• The problem: Give again only those lines from the start of the entries through the line holding "abbrev pub number_relation : ℤ → ℤ → Relation", leaving them as they are.

• Data listing:

-- ===== src/Runtime/Compare/Order.antt =====
-- oplr/src/EN_CMP.CPP: the six comparisons of a type agree with one order on its values.
use opl_dev.Prelude.{
  ℕ, ◌≤◌, List, [], ◌∷◌, ◌≡◌, refl, Bool, true, false, length, ltb, leb, ◌==◌, if◌then◌else◌, arith,
}
use opl_dev.Prelude.Int.{ℤ, pos, negsuc, ltb_ℤ, leb_ℤ}
use opl_dev.Prelude.Outcome.{Outcome}
use opl_dev.Translator.Token.{OplType, word, long, string}
use opl_dev.Runtime.Stack.{Item, int16, int32, text, Stack, pop_int16, pop_int32, pop_text}
use opl_dev.Runtime.Reals.{Platform}
use opl_dev.Runtime.Arith.{push_int, opl_bool}
use opl_dev.Runtime.Compare.{
  text_less, text_equal, not_b, compare_less_than, compare_less_or_equal, compare_greater_than,
  compare_greater_or_equal, compare_equal, compare_not_equal,
}

-- How a value stands to another.
pub data Relation : Type 0 where
  below same above : Relation

pub data Comparison : Type 0 where
  less_than less_or_equal greater_than greater_or_equal equal not_equal : Comparison

-- The relations in which a comparison is true.
abbrev pub accepts : Comparison → Relation → Bool
accepts less_than below = true
accepts less_or_equal below = true
accepts less_or_equal same = true
accepts greater_than above = true
accepts greater_or_equal above = true
accepts greater_or_equal same = true
accepts equal same = true
accepts not_equal below = true
accepts not_equal above = true
accepts c r = false

abbrev pub number_relation : ℤ → ℤ → Relation
number_relation (pos a) (pos b) = if ltb a b then below else (if a == b then same else above)
number_relation (pos a) (negsuc b) = above
number_relation (negsuc a) (pos b) = below
number_relation (negsuc a) (negsuc b) = if ltb b a then below else (if a == b then same else above)

-- Texts by their first code units that differ; a text that ends is below one that goes on.
abbrev pub text_relation : List ℕ → List ℕ → Relation
text_relation [] [] = same
text_relation [] (c ∷ t) = below
text_relation (b ∷ s) [] = above
text_relation (b ∷ s) (c ∷ t) =
    let rest = text_relation s t in if ltb b c then below else (if b == c then rest else above)

number_less : (a b : ℤ) → ltb_ℤ a b ≡ accepts less_than (number_relation a b)
number_less (pos a) (pos b) = ground arith
number_less (pos a) (negsuc b) = ground arith
number_less (negsuc a) (pos b) = ground arith
number_less (negsuc a) (negsuc b) = ground arith

number_more : (a b : ℤ) → ltb_ℤ b a ≡ accepts greater_than (number_relation a b)
number_more (pos a) (pos b) = ground arith
number_more (pos a) (negsuc b) = ground arith
number_more (negsuc a) (pos b) = ground arith
number_more (negsuc a) (negsuc b) = ground arith

number_at_most : (a b : ℤ) → leb_ℤ a b ≡ accepts less_or_equal (number_relation a b)
number_at_most (pos a) (pos b) = ground arith
number_at_most (pos a) (negsuc b) = ground arith
number_at_most (negsuc a) (pos b) = ground arith
number_at_most (negsuc a) (negsuc b) = ground arith

number_at_least : (a b : ℤ) → leb_ℤ b a ≡ accepts greater_or_equal (number_relation a b)
number_at_least (pos a) (pos b) = ground arith
number_at_least (pos a) (negsuc b) = ground arith
number_at_least (negsuc a) (pos b) = ground arith
number_at_least (negsuc a) (negsuc b) = ground arith

number_equal :
    (r : Relation)
    → (if accepts less_or_equal r then accepts greater_or_equal r else false) ≡ accepts equal r
number_equal r = ground arith

number_differ : (r : Relation) → not_b (accepts equal r) ≡ accepts not_equal r
number_differ r = ground arith

not_more : (r : Relation) → not_b (accepts greater_than r) ≡ accepts less_or_equal r
not_more r = ground arith

not_less : (r : Relation) → not_b (accepts less_than r) ≡ accepts greater_or_equal r
not_less r = ground arith

texts_less : (s t : List ℕ) → text_less s t ≡ accepts less_than (text_relation s t)
texts_less [] [] = refl
texts_less [] (c ∷ t) = refl
texts_less (b ∷ s) [] = refl
texts_less (b ∷ s) (c ∷ t) = ground (arith, texts_less s t)

texts_more : (s t : List ℕ) → text_less t s ≡ accepts greater_than (text_relation s t)
texts_more [] [] = refl
texts_more [] (c ∷ t) = refl
texts_more (b ∷ s) [] = refl
texts_more (b ∷ s) (c ∷ t) = ground (arith, texts_more s t)

texts_equal : (s t : List ℕ) → text_equal s t ≡ accepts equal (text_relation s t)
texts_equal [] [] = refl
texts_equal [] (c ∷ t) = refl
texts_equal (b ∷ s) [] = refl
texts_equal (b ∷ s) (c ∷ t) = ground (arith, texts_equal s t)

-- Two values of a type whose order is not the platform's.
pub data Pair : Type 0 where
  words : ℤ → ℤ → Pair
  longs : ℤ → ℤ → Pair
  texts : (l r : List ℕ) → length l ≤ 255 → length r ≤ 255 → Pair

abbrev pub pair_type : Pair → OplType
pair_type (words l r) = word
pair_type (longs l r) = long
pair_type (texts l r hl hr) = string

abbrev pub relation : Pair → Relation
relation (words l r) = number_relation l r
relation (longs l r) = number_relation l r
relation (texts l r hl hr) = text_relation l r

short : (t : List ℕ) → length t ≤ 255 → leb (length t) 255 ≡ true
short t h = ground arith

module _ (m : Platform) where
  abbrev pub compare_op : Comparison → OplType → Stack m.R → Outcome (Stack m.R)
  compare_op less_than = compare_less_than m
  compare_op less_or_equal = compare_less_or_equal m
  compare_op greater_than = compare_greater_than m
  compare_op greater_or_equal = compare_greater_or_equal m
  compare_op equal = compare_equal m
  compare_op not_equal = compare_not_equal m

  abbrev pub on_top : Pair → List (Item m.R) → List (Item m.R)
  on_top (words l r) is = int16 r ∷ int16 l ∷ is
  on_top (longs l r) is = int32 r ∷ int32 l ∷ is
  on_top (texts l r hl hr) is = text r ∷ text l ∷ is

  abbrev pub stack : List (Item m.R) → ℕ → ℕ → Stack m.R
  stack is capacity max = record { items = is; capacity = capacity; max_stack = max }

  -- Each of the six comparisons of two words, longs or texts on the stack, the right one on top,
  -- takes them off and pushes -1 or 0 as the one order on their type says: the six opcodes of a
  -- type agree with each other, and texts are ordered by their first difference.
  pub compare_op-relation :
      (c : Comparison) (p : Pair) (is : List (Item m.R)) (capacity max : ℕ)
      → compare_op c (pair_type p) (stack (on_top p is) capacity max)
        ≡ push_int (opl_bool (accepts c (relation p))) (stack is capacity max)
  unfolding compare_less_than compare_less_or_equal compare_greater_than compare_greater_or_equal
      compare_equal compare_not_equal pop_int16 pop_int32 pop_text
  compare_op-relation less_than (words l r) is n x = rw (number_less l r) refl
  compare_op-relation less_than (longs l r) is n x = rw (number_less l r) refl
  compare_op-relation less_than (texts l r hl hr) is n x =
      rw (short r hr, short l hl, texts_less l r) refl
  compare_op-relation less_or_equal (words l r) is n x = rw (number_at_most l r) refl
  compare_op-relation less_or_equal (longs l r) is n x = rw (number_at_most l r) refl
  compare_op-relation less_or_equal (texts l r hl hr) is n x =
      rw (short r hr, short l hl, texts_more l r, not_more (text_relation l r)) refl
  compare_op-relation greater_than (words l r) is n x = rw (number_more l r) refl
  compare_op-relation greater_than (longs l r) is n x = rw (number_more l r) refl
  compare_op-relation greater_than (texts l r hl hr) is n x =
      rw (short r hr, short l hl, texts_more l r) refl
  compare_op-relation greater_or_equal (words l r) is n x = rw (number_at_least l r) refl
  compare_op-relation greater_or_equal (longs l r) is n x = rw (number_at_least l r) refl
  compare_op-relation greater_or_equal (texts l r hl hr) is n x =
      rw (short r hr, short l hl, texts_less l r, not_less (text_relation l r)) refl
  compare_op-relation equal (words l r) is n x =
      rw (number_at_most l r, number_at_least l r, number_equal (number_relation l r)) refl
  compare_op-relation equal (longs l r) is n x =
      rw (number_at_most l r, number_at_least l r, number_equal (number_relation l r)) refl
  compare_op-relation equal (texts l r hl hr) is n x =
      rw (short r hr, short l hl, texts_equal l r) refl
  compare_op-relation not_equal (words l r) is n x =
      rw
        (
          number_at_most l r,
          number_at_least l r,
          number_equal (number_relation l r),
          number_differ (number_relation l r),
        )
        refl
  compare_op-relation not_equal (longs l r) is n x =
      rw
        (
          number_at_most l r,
          number_at_least l r,
          number_equal (number_relation l r),
          number_differ (number_relation l r),
        )
        refl
  compare_op-relation not_equal (texts l r hl hr) is n x =
      rw (short r hr, short l hl, texts_equal l r, number_differ (text_relation l r)) refl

• Your response:
-- ===== src/Runtime/Compare/Order.antt =====
-- oplr/src/EN_CMP.CPP: the six comparisons of a type agree with one order on its values.
use opl_dev.Prelude.{
  ℕ, ◌≤◌, List, [], ◌∷◌, ◌≡◌, refl, Bool, true, false, length, ltb, leb, ◌==◌, if◌then◌else◌, arith,
}
use opl_dev.Prelude.Int.{ℤ, pos, negsuc, ltb_ℤ, leb_ℤ}
use opl_dev.Prelude.Outcome.{Outcome}
use opl_dev.Translator.Token.{OplType, word, long, string}
use opl_dev.Runtime.Stack.{Item, int16, int32, text, Stack, pop_int16, pop_int32, pop_text}
use opl_dev.Runtime.Reals.{Platform}
use opl_dev.Runtime.Arith.{push_int, opl_bool}
use opl_dev.Runtime.Compare.{
  text_less, text_equal, not_b, compare_less_than, compare_less_or_equal, compare_greater_than,
  compare_greater_or_equal, compare_equal, compare_not_equal,
}

-- How a value stands to another.
pub data Relation : Type 0 where
  below same above : Relation

pub data Comparison : Type 0 where
  less_than less_or_equal greater_than greater_or_equal equal not_equal : Comparison

-- The relations in which a comparison is true.
abbrev pub accepts : Comparison → Relation → Bool
accepts less_than below = true
accepts less_or_equal below = true
accepts less_or_equal same = true
accepts greater_than above = true
accepts greater_or_equal above = true
accepts greater_or_equal same = true
accepts equal same = true
accepts not_equal below = true
accepts not_equal above = true
accepts c r = false

abbrev pub number_relation : ℤ → ℤ → Relation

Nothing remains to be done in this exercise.